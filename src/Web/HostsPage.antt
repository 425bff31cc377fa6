-- ===== src/Web/HostsPage.antt =====
-- The list of hosts of internal/web/handlers/hosts.go: its query, filters and order.
pub mod Keys
pub mod Order
use hosthalla.Base.{
  ℕ, zero, suc, ◌+◌, ◌-◌, ◌*◌, ℤ, pos, negsuc, Bool, true, false, not, ◌&&◌, ◌||◌, List, [], ◌∷◌,
  ◌++◌, map, Option, none, some, contains, select_rows, find_row, sort_by, text_before, any,
  if◌then◌else◌, ◌==◌, nat_eq, text_eq, ltb, Result, ok, err, Error, pure, attempt, lift, time_now,
  ◌>>=◌, ◌>>◌,
}
use hosthalla.Text.{Text, Unicode, codes, trim_space, to_lower, has_part}
use hosthalla.Model.{
  Uuid, nil_uuid, Host, Method, MethodType, ssh_password, ssh_key, other, Snapshot, SystemInfo,
  Metric, Tag,
}
use hosthalla.Schema.{Run}
use hosthalla.Web.Request.{Request, query_value}
use hosthalla.Web.Forms.{parse_host_tags_values, normalize_hosts_query_values}
use hosthalla.Web.Badges.{Float64, Badges, build_host_latest_metrics_badges}
use hosthalla.Host.Service.Hosts.{list_hosts, list_tags}
use hosthalla.Host.Service.Methods.{list_methods_by_hosts}
use hosthalla.Host.Service.Metrics.{list_system_infos, list_latest_snapshots}

abbrev is_one_of : List Text → Text → Bool
is_one_of words word = contains words word

unfoldable pub valid_hosts_status : Text → Bool
valid_hosts_status =
    is_one_of
      (codes "reporting" ∷ codes "stale" ∷ codes "waiting" ∷ codes "offline" ∷ codes "warning" ∷ [])

unfoldable pub valid_hosts_management_filter : Text → Bool
valid_hosts_management_filter =
    is_one_of (codes "agent" ∷ codes "ssh_password" ∷ codes "ssh_key" ∷ codes "unmanaged" ∷ [])

unfoldable pub valid_hosts_sort_key : Text → Bool
valid_hosts_sort_key = is_one_of (
    codes "name"
    ∷ codes "status"
    ∷ codes "address"
    ∷ codes "cpu"
    ∷ codes "memory"
    ∷ codes "disk"
    ∷ codes "updated"
    ∷ codes "created"
    ∷ [])

-- `hostsPageQuery`
pub record HostsPageQuery : Type 0 where
  pub search : Text
  pub tags : List Text
  pub statuses : List Text
  pub management_filters : List Text
  pub sort_key : Text
  pub sort_direction : Text

module _ ⦃u : Unicode⦄ where
  unfoldable pub parse_hosts_page_query : Request → HostsPageQuery
  parse_hosts_page_query r =
      let sort_key = trim_space (query_value r (codes "sort")) in
      let direction = to_lower (trim_space (query_value r (codes "direction"))) in
      record {
        search = trim_space (query_value r (codes "q"));
        tags =
            parse_host_tags_values (r.query (codes "tag"))
            ++ parse_host_tags_values (r.query (codes "tags"));
        statuses = normalize_hosts_query_values valid_hosts_status (r.query (codes "status"));
        management_filters =
            normalize_hosts_query_values valid_hosts_management_filter
              (r.query (codes "management"));
        sort_key = if valid_hosts_sort_key sort_key then sort_key else codes "created";
        sort_direction =
            if direction == codes "asc" || direction == codes "desc"
            then direction
            else codes "desc";
      }

-- `string(method.Type)`
unfoldable pub type_text : MethodType → Text
type_text ssh_password = codes "ssh_password"
type_text ssh_key = codes "ssh_key"
type_text (other t) = t

-- The three maps that the page is built from, by the host.
pub record PageData : Type 0 where
  pub methods : Uuid → List Method
  pub system_info : Uuid → Option SystemInfo
  pub badges : Uuid → Option Badges

abbrev unless_empty : List Text → List Text
unless_empty [] = codes "unmanaged" ∷ []
unless_empty (v ∷ vs) = v ∷ vs

-- `hostManagementFiltersForHostsPage`
unfoldable pub host_management_filters : Host → List Method → List Text
host_management_filters target methods = unless_empty (
    (if target.monitoring_agent_id == nil_uuid then [] else codes "agent" ∷ [])
    ++ map (λ (m : Method). type_text m.kind) methods)

-- 24 hours in nanoseconds.
abbrev pub day : ℕ
day = 24 * 3600 * 1000000000

module _ ⦃f : Float64⦄ where
  abbrev pub is_strained : Badges → Bool
  is_strained b =
      f.at_least b.cpu_usage_percentage 85
      || f.at_least b.memory_usage_percentage 90
      || f.at_least b.disk_usage_percentage 90

  -- `hostStatusForHostsPage`; `none` is a host without metrics.
  unfoldable pub host_status : Host → List Method → Option Badges → ℕ → Text
  host_status target methods (some b) now =
      if is_strained b
      then codes "warning"
      else if ltb day (now - target.updated_at)
      then codes "stale"
      else codes "reporting"
  host_status target [] none now =
      if target.monitoring_agent_id == nil_uuid then codes "offline" else codes "waiting"
  host_status target (m ∷ methods) none now = codes "waiting"

-- `hostStatusRankForHostsPage`
unfoldable pub host_status_rank : Text → ℕ
host_status_rank status =
    if status == codes "reporting"
    then 1
    else if status == codes "waiting"
    then 2
    else if status == codes "stale"
    then 3
    else if status == codes "warning"
    then 4
    else 5

unfoldable pub string_in_slice : Text → List Text → Bool
string_in_slice value [] = false
string_in_slice value (candidate ∷ values) =
    if candidate == value then true else string_in_slice value values

unfoldable pub any_string_in_slice : List Text → List Text → Bool
any_string_in_slice [] candidates = false
any_string_in_slice (value ∷ values) candidates =
    if string_in_slice value candidates then true else any_string_in_slice values candidates

-- `strings.Join(parts, " ")`
unfoldable pub join_space : List Text → Text
join_space [] = []
join_space (part ∷ []) = part
join_space (part ∷ next ∷ parts) = part ++ b' ' ∷ join_space (next ∷ parts)

abbrev info_text : (SystemInfo → Text) → Option SystemInfo → Text
info_text field none = []
info_text field (some info) = field info

module _ ⦃u : Unicode⦄ where
  -- `hostSearchTextForHostsPage`; a host without system information has empty texts there.
  unfoldable pub host_search_text : Host → List Method → Option SystemInfo → List Text → Text
  host_search_text target methods info filters = to_lower (
      join_space (
        target.name
        ∷ target.description
        ∷ target.ip
        ∷ join_space target.tags
        ∷ join_space (map (λ (m : Method). m.name) methods)
        ∷ info_text (λ i. i.hostname) info
        ∷ info_text (λ i. i.os_name) info
        ∷ info_text (λ i. i.os_version) info
        ∷ join_space filters
        ∷ []))

abbrev is_empty {ℓ} : {A : Type ℓ} → List A → Bool
is_empty [] = true
is_empty (x ∷ xs) = false

module _ ⦃u : Unicode⦄ ⦃f : Float64⦄ (query : HostsPageQuery) (page : PageData) where
  -- The three tests of `filterHostsForHostsPage`, at the instant at which the host's turn comes.
  unfoldable pub is_listed : Host → ℕ → Bool
  is_listed target now =
      let methods = page.methods target.id in
      let filters = host_management_filters target methods in
      let search = to_lower query.search in
      (is_empty query.statuses
        || string_in_slice (host_status target methods (page.badges target.id) now) query.statuses)
      && (is_empty query.management_filters || any_string_in_slice filters query.management_filters)
      && (is_empty search
          || has_part (host_search_text target methods (page.system_info target.id) filters) search)

  unfoldable pub filter_hosts : List Host → Run (List Host)
  filter_hosts [] = pure []
  filter_hosts (target ∷ targets) = do
    now ← time_now
    rest ← filter_hosts targets
    pure (if is_listed target now then target ∷ rest else rest)

-- `a - b` of two ranks.
abbrev pub difference : ℕ → ℕ → ℤ
difference a b = if ltb a b then negsuc (b - a - 1) else pos (a - b)

abbrev minus_one : ℤ
minus_one = negsuc 0

-- `strings.Compare`
unfoldable pub compare_text : Text → Text → ℤ
compare_text a b = if text_before a b then minus_one else if text_before b a then pos 1 else pos 0

unfoldable pub compare_time : ℕ → ℕ → ℤ
compare_time left right =
    if ltb left right then minus_one else if ltb right left then pos 1 else pos 0

abbrev pub is_zero : ℤ → Bool
is_zero (pos zero) = true
is_zero (pos (suc n)) = false
is_zero (negsuc n) = false

abbrev pub is_positive : ℤ → Bool
is_positive (pos zero) = false
is_positive (pos (suc n)) = true
is_positive (negsuc n) = false

abbrev pub is_negative : ℤ → Bool
is_negative (pos n) = false
is_negative (negsuc n) = true

module _ ⦃f : Float64⦄ where
  unfoldable pub compare_float : ℕ → ℕ → ℤ
  compare_float left right =
      if f.less left right then minus_one else if f.less right left then pos 1 else pos 0

  -- The field of a map's value, 0 where the map has none.
  abbrev pub usage : (Badges → ℕ) → Option Badges → ℕ
  usage field none = f.of_nat 0
  usage field (some b) = field b

module _ ⦃u : Unicode⦄ ⦃f : Float64⦄ (query : HostsPageQuery) (page : PageData) (now : ℕ) where
  abbrev pub rank : Host → ℕ
  rank target =
      host_status_rank (host_status target (page.methods target.id) (page.badges target.id) now)

  abbrev compare_usage : (Badges → ℕ) → Host → Host → ℤ
  compare_usage field left right =
      compare_float (usage field (page.badges left.id)) (usage field (page.badges right.id))

  abbrev pub compare_names : Host → Host → ℤ
  compare_names left right = compare_text (to_lower left.name) (to_lower right.name)

  -- The switch on the sort key.
  unfoldable pub compare_keys : Host → Host → ℤ
  compare_keys left right =
      if query.sort_key == codes "name"
      then compare_names left right
      else if query.sort_key == codes "status"
      then difference (rank left) (rank right)
      else if query.sort_key == codes "address"
      then compare_text left.ip right.ip
      else if query.sort_key == codes "cpu"
      then compare_usage (λ b. b.cpu_usage_percentage) left right
      else if query.sort_key == codes "memory"
      then compare_usage (λ b. b.memory_usage_percentage) left right
      else if query.sort_key == codes "disk"
      then compare_usage (λ b. b.disk_usage_percentage) left right
      else if query.sort_key == codes "updated"
      then compare_time left.updated_at right.updated_at
      else compare_time left.created_at right.created_at

  abbrev or_names : ℤ → ℤ → ℤ
  or_names by_key by_name = if is_zero by_key then by_name else by_key

  abbrev pub compare_hosts : Host → Host → ℤ
  compare_hosts left right = or_names (compare_keys left right) (compare_names left right)

  -- The `less` of `sort.SliceStable`.
  unfoldable pub host_before : Host → Host → Bool
  host_before left right =
      if query.sort_direction == codes "desc"
      then is_positive (compare_hosts left right)
      else is_negative (compare_hosts left right)

  -- `sortHostsForHostsPage`
  unfoldable pub sort_hosts : List Host → List Host
  sort_hosts hosts = sort_by host_before hosts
★ ★ ★
Out of the data above, set down the lines from the one with "if f.less left" to the one with "usage field none = f.of_nat 0", both included, exactly as written and with no additions.

      if f.less left right then minus_one else if f.less right left then pos 1 else pos 0

  -- The field of a map's value, 0 where the map has none.
  abbrev pub usage : (Badges → ℕ) → Option Badges → ℕ
  usage field none = f.of_nat 0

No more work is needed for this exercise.